Exercise details:
Somewhere below are a line with "unfolding add_cart_items perform" and a later line with "let (b, e2, h2)". Output exactly those lines and all lines between them.

(Stored data)
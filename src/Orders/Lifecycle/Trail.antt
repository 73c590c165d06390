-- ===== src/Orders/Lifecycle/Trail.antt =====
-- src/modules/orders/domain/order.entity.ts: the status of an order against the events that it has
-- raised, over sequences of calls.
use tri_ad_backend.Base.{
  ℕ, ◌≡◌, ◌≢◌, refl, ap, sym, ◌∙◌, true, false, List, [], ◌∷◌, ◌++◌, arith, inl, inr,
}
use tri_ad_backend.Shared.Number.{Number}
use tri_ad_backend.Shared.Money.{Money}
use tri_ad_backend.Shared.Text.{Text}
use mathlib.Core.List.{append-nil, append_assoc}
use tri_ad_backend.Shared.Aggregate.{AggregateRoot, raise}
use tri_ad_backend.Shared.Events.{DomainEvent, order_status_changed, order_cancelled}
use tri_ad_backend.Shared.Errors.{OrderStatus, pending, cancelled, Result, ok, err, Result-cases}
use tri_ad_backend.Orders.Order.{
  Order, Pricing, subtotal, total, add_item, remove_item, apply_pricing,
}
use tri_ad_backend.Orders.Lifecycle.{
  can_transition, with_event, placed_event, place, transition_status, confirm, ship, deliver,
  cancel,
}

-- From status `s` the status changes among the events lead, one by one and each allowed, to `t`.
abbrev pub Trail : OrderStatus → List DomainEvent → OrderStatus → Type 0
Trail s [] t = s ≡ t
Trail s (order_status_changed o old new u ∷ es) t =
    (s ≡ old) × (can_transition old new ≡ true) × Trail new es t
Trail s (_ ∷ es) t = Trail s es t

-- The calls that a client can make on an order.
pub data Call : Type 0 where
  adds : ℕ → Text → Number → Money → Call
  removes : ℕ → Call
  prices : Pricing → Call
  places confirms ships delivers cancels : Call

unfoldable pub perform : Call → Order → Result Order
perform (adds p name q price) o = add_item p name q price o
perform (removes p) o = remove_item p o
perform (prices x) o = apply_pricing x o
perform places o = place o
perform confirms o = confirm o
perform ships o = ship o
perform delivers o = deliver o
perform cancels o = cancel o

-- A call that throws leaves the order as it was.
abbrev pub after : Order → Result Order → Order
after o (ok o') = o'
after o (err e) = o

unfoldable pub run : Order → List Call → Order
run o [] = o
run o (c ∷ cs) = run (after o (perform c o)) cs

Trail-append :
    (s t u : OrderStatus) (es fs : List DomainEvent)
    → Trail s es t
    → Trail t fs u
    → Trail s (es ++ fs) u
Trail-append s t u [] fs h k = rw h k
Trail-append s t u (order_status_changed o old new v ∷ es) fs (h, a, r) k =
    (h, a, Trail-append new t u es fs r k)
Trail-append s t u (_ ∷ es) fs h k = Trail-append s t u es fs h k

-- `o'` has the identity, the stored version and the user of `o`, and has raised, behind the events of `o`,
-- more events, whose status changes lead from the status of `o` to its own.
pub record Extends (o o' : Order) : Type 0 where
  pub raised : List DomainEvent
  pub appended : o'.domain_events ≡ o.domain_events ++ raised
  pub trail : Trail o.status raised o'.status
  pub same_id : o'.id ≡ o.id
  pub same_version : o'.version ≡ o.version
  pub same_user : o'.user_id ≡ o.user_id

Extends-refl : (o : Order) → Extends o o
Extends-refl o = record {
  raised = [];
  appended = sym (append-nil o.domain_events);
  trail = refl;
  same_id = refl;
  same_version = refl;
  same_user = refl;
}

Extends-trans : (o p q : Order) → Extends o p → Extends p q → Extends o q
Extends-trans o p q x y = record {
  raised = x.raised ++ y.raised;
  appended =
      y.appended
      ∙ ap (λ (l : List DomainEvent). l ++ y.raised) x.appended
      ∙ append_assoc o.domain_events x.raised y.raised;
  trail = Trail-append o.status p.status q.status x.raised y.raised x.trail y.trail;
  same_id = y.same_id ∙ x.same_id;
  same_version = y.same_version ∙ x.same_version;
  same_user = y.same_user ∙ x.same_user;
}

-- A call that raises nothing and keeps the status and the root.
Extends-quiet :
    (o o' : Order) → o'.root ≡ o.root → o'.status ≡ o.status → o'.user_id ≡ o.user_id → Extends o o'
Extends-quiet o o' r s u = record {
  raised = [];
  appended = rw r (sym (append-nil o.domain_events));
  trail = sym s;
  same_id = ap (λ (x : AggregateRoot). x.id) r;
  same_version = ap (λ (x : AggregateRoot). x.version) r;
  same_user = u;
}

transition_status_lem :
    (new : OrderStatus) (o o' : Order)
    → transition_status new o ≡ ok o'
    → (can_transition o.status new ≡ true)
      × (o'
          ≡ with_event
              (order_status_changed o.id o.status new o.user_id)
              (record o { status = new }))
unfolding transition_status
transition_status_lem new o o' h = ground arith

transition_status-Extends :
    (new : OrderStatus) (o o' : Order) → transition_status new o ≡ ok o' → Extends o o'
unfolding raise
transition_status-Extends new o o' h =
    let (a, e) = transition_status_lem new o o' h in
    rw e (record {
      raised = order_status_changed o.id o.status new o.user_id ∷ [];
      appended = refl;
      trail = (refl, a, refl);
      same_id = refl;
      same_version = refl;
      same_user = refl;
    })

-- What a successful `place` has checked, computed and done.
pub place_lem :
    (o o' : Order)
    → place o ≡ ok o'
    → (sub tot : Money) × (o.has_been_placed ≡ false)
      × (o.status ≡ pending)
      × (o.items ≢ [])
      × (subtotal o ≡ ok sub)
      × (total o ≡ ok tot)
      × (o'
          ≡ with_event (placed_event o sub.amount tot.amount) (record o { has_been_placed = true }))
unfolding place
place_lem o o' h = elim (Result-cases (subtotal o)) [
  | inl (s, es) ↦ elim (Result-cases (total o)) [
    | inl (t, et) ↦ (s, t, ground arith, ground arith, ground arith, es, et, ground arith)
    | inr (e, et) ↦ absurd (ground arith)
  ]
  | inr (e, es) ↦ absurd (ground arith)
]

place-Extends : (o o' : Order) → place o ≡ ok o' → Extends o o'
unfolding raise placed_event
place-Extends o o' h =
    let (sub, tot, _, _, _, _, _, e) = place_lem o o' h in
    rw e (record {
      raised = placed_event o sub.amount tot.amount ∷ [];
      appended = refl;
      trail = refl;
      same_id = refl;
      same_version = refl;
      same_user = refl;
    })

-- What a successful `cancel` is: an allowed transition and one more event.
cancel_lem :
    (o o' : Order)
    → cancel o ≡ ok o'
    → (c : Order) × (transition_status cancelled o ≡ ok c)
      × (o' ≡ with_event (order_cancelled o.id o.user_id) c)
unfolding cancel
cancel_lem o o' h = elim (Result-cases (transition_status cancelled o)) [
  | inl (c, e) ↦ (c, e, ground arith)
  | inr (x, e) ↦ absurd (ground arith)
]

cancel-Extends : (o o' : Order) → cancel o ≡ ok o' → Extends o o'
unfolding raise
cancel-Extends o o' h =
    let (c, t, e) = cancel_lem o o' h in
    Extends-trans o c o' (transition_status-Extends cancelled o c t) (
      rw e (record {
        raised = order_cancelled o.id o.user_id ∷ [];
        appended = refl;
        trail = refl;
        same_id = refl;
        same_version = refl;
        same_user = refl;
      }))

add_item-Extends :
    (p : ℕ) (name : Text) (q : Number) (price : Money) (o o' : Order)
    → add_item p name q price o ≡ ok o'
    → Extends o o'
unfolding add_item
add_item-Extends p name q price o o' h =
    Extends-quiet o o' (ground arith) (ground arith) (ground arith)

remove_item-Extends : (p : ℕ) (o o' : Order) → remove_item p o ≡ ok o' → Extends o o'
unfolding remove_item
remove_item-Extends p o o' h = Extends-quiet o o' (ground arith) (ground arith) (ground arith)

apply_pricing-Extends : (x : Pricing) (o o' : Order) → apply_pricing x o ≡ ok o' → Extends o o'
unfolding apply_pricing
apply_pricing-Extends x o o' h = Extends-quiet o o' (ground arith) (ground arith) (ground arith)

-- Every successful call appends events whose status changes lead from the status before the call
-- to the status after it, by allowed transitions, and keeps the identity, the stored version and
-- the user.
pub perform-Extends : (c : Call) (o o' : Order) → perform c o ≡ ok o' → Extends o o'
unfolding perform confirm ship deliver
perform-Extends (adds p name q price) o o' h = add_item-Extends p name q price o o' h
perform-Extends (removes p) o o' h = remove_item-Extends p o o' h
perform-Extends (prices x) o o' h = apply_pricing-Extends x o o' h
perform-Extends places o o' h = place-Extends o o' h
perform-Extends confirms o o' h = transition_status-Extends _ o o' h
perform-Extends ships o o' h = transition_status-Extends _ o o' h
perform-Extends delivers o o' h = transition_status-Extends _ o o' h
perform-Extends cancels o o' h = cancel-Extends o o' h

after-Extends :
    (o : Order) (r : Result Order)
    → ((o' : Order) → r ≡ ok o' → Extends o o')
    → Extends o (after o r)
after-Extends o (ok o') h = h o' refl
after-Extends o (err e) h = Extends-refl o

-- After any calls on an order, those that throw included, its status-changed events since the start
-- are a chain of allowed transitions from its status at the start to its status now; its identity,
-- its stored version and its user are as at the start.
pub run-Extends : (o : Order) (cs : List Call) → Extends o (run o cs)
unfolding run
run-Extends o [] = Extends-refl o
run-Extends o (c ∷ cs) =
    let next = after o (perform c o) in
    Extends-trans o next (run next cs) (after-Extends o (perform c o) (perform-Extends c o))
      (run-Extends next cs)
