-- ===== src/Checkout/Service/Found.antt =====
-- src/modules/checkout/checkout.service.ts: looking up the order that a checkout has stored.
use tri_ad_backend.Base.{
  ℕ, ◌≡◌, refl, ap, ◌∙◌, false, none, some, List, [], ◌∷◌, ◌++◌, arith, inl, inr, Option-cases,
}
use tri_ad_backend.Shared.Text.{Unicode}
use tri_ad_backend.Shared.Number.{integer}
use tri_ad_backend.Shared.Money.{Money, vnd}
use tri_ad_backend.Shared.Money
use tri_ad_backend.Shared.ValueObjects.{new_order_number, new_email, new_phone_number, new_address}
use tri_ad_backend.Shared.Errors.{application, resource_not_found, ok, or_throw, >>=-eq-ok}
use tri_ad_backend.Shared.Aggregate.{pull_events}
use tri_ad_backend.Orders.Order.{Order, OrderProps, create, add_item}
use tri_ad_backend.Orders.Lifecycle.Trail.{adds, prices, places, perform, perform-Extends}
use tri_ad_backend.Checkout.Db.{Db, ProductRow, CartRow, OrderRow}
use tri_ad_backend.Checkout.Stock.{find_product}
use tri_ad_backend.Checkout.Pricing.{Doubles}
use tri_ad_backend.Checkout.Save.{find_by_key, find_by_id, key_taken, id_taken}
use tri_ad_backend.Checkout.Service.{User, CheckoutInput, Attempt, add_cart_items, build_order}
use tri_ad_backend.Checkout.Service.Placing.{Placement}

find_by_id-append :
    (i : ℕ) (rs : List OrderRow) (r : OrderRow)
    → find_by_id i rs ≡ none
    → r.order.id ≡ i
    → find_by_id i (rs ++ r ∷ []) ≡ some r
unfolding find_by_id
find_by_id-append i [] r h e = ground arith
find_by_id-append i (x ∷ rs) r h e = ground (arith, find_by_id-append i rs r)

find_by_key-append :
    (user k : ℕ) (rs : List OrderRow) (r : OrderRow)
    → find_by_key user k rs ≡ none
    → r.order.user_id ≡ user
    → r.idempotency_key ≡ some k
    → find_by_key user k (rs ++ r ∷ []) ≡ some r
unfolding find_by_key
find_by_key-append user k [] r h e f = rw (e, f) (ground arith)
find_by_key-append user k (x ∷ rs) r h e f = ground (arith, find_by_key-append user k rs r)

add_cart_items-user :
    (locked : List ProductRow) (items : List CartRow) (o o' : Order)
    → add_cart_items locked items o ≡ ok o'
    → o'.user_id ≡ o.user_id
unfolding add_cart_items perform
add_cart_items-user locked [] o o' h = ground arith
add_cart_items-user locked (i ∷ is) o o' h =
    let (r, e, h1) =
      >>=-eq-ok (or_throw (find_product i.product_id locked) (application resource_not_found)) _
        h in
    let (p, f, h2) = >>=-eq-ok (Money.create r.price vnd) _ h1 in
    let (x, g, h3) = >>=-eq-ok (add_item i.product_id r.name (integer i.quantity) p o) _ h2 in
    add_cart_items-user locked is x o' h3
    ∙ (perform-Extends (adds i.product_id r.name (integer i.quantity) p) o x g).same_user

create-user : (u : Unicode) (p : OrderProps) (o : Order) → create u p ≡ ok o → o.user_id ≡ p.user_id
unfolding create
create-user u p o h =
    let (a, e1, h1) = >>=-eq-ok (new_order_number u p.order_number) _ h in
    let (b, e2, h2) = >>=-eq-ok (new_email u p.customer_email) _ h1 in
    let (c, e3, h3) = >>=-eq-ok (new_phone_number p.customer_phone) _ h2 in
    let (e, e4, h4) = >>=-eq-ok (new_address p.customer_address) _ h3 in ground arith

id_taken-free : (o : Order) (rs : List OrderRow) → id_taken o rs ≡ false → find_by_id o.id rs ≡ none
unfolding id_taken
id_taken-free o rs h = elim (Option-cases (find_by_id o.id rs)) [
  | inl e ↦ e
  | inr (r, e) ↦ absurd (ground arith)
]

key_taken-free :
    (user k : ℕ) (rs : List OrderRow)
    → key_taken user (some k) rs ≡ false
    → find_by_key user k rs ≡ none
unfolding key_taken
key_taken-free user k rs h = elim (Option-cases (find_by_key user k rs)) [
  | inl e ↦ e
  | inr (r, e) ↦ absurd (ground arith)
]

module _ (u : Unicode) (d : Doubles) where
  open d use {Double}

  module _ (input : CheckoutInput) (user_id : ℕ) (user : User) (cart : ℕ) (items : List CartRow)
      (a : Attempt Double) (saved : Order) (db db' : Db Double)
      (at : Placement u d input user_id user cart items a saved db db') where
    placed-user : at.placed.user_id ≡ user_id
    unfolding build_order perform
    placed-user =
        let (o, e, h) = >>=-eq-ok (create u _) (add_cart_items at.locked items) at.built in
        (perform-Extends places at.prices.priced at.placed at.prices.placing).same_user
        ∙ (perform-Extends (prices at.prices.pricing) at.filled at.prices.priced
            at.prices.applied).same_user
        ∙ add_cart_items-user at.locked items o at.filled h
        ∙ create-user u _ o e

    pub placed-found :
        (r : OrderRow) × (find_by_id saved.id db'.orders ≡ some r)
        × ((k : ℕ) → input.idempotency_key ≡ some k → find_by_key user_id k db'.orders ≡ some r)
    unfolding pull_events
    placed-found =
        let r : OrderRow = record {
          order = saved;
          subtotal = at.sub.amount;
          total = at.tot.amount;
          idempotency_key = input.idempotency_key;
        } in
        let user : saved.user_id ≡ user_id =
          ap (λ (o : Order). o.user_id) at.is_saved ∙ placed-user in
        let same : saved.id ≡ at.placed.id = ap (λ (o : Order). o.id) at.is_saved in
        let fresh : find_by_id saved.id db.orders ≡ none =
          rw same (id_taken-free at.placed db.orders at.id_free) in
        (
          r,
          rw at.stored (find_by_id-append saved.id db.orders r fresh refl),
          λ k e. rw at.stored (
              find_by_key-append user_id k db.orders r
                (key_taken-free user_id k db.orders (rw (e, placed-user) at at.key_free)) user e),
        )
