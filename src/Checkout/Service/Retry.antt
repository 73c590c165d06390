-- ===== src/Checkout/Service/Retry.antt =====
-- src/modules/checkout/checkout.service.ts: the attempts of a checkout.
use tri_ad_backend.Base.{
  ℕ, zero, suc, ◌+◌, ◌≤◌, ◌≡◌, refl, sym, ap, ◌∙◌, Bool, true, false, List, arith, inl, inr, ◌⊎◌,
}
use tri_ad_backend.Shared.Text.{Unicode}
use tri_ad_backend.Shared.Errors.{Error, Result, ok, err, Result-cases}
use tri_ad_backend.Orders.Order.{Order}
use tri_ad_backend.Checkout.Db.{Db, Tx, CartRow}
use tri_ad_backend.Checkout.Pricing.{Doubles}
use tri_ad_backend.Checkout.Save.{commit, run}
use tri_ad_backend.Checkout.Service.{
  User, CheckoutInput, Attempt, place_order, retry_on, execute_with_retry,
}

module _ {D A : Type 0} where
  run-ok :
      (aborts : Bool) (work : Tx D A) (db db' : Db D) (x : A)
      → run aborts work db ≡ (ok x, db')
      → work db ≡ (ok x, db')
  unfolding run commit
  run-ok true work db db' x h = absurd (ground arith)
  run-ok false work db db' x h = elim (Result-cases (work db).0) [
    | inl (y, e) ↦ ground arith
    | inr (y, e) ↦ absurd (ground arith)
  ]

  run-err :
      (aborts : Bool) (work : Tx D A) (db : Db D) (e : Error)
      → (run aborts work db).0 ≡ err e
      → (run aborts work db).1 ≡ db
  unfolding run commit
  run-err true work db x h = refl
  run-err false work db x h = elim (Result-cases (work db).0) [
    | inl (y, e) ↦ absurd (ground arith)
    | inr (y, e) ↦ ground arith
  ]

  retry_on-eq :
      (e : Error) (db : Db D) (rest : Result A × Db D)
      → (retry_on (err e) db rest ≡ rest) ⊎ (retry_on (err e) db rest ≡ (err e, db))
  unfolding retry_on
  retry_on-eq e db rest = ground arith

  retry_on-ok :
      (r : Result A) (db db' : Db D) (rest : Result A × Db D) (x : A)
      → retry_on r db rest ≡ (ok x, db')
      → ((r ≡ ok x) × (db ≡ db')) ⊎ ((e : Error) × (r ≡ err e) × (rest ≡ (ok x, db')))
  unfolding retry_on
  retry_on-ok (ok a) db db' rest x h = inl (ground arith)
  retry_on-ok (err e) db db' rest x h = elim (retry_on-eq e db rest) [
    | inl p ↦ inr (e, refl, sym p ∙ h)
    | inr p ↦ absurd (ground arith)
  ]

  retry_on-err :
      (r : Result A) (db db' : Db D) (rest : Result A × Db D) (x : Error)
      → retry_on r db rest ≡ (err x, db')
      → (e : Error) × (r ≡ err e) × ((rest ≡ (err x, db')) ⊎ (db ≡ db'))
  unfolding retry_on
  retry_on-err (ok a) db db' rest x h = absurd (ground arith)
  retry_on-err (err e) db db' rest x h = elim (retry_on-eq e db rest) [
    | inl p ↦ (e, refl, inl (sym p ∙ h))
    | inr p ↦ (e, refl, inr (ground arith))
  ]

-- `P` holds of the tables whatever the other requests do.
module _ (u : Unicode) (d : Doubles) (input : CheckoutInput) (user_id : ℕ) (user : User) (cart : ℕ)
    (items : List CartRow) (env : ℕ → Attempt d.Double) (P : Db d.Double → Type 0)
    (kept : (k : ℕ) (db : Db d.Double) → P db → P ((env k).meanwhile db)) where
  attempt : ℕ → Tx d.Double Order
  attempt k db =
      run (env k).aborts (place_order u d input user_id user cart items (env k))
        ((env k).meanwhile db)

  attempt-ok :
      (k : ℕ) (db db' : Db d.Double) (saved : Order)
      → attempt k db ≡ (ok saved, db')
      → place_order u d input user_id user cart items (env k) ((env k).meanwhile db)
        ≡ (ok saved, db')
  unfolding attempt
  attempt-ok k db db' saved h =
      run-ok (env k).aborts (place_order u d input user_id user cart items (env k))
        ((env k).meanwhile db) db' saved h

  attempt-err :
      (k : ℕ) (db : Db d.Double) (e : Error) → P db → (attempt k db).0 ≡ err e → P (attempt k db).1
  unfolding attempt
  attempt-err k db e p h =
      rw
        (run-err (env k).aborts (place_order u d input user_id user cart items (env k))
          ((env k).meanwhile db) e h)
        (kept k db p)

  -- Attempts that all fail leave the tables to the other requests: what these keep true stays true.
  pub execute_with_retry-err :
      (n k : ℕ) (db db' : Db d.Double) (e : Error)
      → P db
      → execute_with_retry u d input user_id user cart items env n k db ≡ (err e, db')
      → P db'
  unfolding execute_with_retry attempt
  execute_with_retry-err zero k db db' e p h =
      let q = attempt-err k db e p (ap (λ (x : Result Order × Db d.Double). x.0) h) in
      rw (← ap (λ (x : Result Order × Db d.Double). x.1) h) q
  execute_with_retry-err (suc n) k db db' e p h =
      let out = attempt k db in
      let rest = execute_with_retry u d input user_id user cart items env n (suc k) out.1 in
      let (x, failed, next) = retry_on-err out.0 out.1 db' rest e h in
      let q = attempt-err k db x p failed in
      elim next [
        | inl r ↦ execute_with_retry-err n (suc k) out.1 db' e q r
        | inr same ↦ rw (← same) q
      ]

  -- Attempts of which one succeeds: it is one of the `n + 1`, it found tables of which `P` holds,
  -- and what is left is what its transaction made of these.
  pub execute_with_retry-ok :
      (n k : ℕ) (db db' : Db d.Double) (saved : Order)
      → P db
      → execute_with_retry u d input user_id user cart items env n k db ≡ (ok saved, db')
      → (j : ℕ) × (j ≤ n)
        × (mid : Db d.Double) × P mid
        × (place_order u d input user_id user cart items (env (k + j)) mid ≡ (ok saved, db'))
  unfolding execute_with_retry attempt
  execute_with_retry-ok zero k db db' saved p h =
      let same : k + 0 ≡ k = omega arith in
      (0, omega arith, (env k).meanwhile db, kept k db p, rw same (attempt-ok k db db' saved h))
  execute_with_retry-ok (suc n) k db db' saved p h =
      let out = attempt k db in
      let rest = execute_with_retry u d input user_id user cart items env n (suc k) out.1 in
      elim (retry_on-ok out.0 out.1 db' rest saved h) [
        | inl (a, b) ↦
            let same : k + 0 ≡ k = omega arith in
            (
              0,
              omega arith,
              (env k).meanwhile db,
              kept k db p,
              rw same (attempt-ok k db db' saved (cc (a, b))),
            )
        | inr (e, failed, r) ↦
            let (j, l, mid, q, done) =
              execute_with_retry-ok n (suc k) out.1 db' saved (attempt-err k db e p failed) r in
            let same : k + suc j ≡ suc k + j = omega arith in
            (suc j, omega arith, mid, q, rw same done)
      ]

Answer area:
unfolding add_cart_items perform
add_cart_items-user locked [] o o' h = ground arith
add_cart_items-user locked (i ∷ is) o o' h =
    let (r, e, h1) =
      >>=-eq-ok (or_throw (find_product i.product_id locked) (application resource_not_found)) _
        h in
    let (p, f, h2) = >>=-eq-ok (Money.create r.price vnd) _ h1 in
    let (x, g, h3) = >>=-eq-ok (add_item i.product_id r.name (integer i.quantity) p o) _ h2 in
    add_cart_items-user locked is x o' h3
    ∙ (perform-Extends (adds i.product_id r.name (integer i.quantity) p) o x g).same_user

create-user : (u : Unicode) (p : OrderProps) (o : Order) → create u p ≡ ok o → o.user_id ≡ p.user_id
unfolding create
create-user u p o h =
    let (a, e1, h1) = >>=-eq-ok (new_order_number u p.order_number) _ h in
    let (b, e2, h2) = >>=-eq-ok (new_email u p.customer_email) _ h1 in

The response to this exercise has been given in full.